Collected data entries:
# # # # #

-- ===== src/Limiter/TokenBucket.antt =====
-- internal/limiter/scripts/token_bucket.lua. The numbers of Lua are doubles, as those of JavaScript.
pub mod Bounds
pub mod Burst
use ratelimit_gateway.Base.{ℕ, String, Option, none, some, List, [], ◌∷◌, ◌&&◌, if◌then◌else◌, ◌==◌}
use ratelimit_gateway.Number.{Number, le}
use ratelimit_gateway.Limiter.Store.{Hashes}

-- What the script returns; Redis passes the whole numbers on as integers.
pub record BucketReply {κ} (N : Type κ) : Type κ where
  pub allowed : ℕ
  pub remaining : N
  pub retry_after_ms : N
  pub reset_after_ms : N

module _ {κ} {N : Type κ} ⦃num : Number N⦄ where
  open num use {nat, add, sub, mul, div, lt, floor, ceil}

  -- `math.max` and `math.min` of Lua.
  abbrev pub math_max : N → N → N
  math_max a b = if lt a b then b else a

  abbrev pub math_min : N → N → N
  math_min a b = if lt b a then b else a

  -- A key that is not there, or not whole, stands for a full bucket.
  abbrev pub bucket_of : N → N → Option N × Option N → N × N
  bucket_of burst now (some tokens, some updated) = (tokens, updated)
  bucket_of burst now (some tokens, none) = (burst, now)
  bucket_of burst now (none, updated) = (burst, now)

  unfoldable pub refill : N → N → N → N × N → N
  refill rate burst now bucket =
      let elapsed = math_max (nat 0) (sub now bucket.1) in
      math_min burst (add bucket.0 (mul (div elapsed (nat 1000)) rate))

  unfoldable pub take_tokens : N → N → N
  take_tokens requested tokens = if le requested tokens then sub tokens requested else tokens

  unfoldable pub full_after : N → N → N → N
  full_after rate burst tokens =
      if lt tokens burst && lt (nat 0) rate
      then ceil (mul (div (sub burst tokens) rate) (nat 1000))
      else nat 0

  module _ {ℓ} {S : Type ℓ} ⦃hashes : Hashes N S⦄ where
    open hashes use {hmget, hset, pexpire}

    -- The time of the server stands before the state, that of the caller after the burst.
    unfoldable pub token_bucket : String → N → N → N → N → ℕ → S → BucketReply N × S
    token_bucket key rate burst now requested at s =
        let filled = refill rate burst now (bucket_of burst now (hmget key at s)) in
        let tokens = take_tokens requested filled in
        let allowed : ℕ = if le requested filled then 1 else 0 in
        let reset_after = full_after rate burst tokens in
        (
          record {
            allowed = allowed;
            remaining = floor tokens;
            retry_after_ms =
                if (allowed == 0) && lt (nat 0) rate
                then ceil (mul (div (sub requested tokens) rate) (nat 1000))
                else nat 0;
            reset_after_ms = reset_after;
          },
          pexpire key (add reset_after (nat 1000)) at (hset key tokens now at s),
        )

    -- Calls for one token each, by the server's time and the caller's.
    unfoldable pub bucket_replies : String → N → N → List (ℕ × N) → S → List (BucketReply N)
    bucket_replies key rate burst [] s = []
    bucket_replies key rate burst (c ∷ cs) s =
        let (reply, after) = token_bucket key rate burst c.1 (nat 1) c.0 s in
        reply ∷ bucket_replies key rate burst cs after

# # # # #

From the entries above, print the lines beginning at the one with "pub mod Burst" and stopping after the one with "Hashes N S⦄ where", exactly as written and with nothing else.

pub mod Burst
use ratelimit_gateway.Base.{ℕ, String, Option, none, some, List, [], ◌∷◌, ◌&&◌, if◌then◌else◌, ◌==◌}
use ratelimit_gateway.Number.{Number, le}
use ratelimit_gateway.Limiter.Store.{Hashes}

-- What the script returns; Redis passes the whole numbers on as integers.
pub record BucketReply {κ} (N : Type κ) : Type κ where
  pub allowed : ℕ
  pub remaining : N
  pub retry_after_ms : N
  pub reset_after_ms : N

module _ {κ} {N : Type κ} ⦃num : Number N⦄ where
  open num use {nat, add, sub, mul, div, lt, floor, ceil}

  -- `math.max` and `math.min` of Lua.
  abbrev pub math_max : N → N → N
  math_max a b = if lt a b then b else a

  abbrev pub math_min : N → N → N
  math_min a b = if lt b a then b else a

  -- A key that is not there, or not whole, stands for a full bucket.
  abbrev pub bucket_of : N → N → Option N × Option N → N × N
  bucket_of burst now (some tokens, some updated) = (tokens, updated)
  bucket_of burst now (some tokens, none) = (burst, now)
  bucket_of burst now (none, updated) = (burst, now)

  unfoldable pub refill : N → N → N → N × N → N
  refill rate burst now bucket =
      let elapsed = math_max (nat 0) (sub now bucket.1) in
      math_min burst (add bucket.0 (mul (div elapsed (nat 1000)) rate))

  unfoldable pub take_tokens : N → N → N
  take_tokens requested tokens = if le requested tokens then sub tokens requested else tokens

  unfoldable pub full_after : N → N → N → N
  full_after rate burst tokens =
      if lt tokens burst && lt (nat 0) rate
      then ceil (mul (div (sub burst tokens) rate) (nat 1000))
      else nat 0

  module _ {ℓ} {S : Type ℓ} ⦃hashes : Hashes N S⦄ where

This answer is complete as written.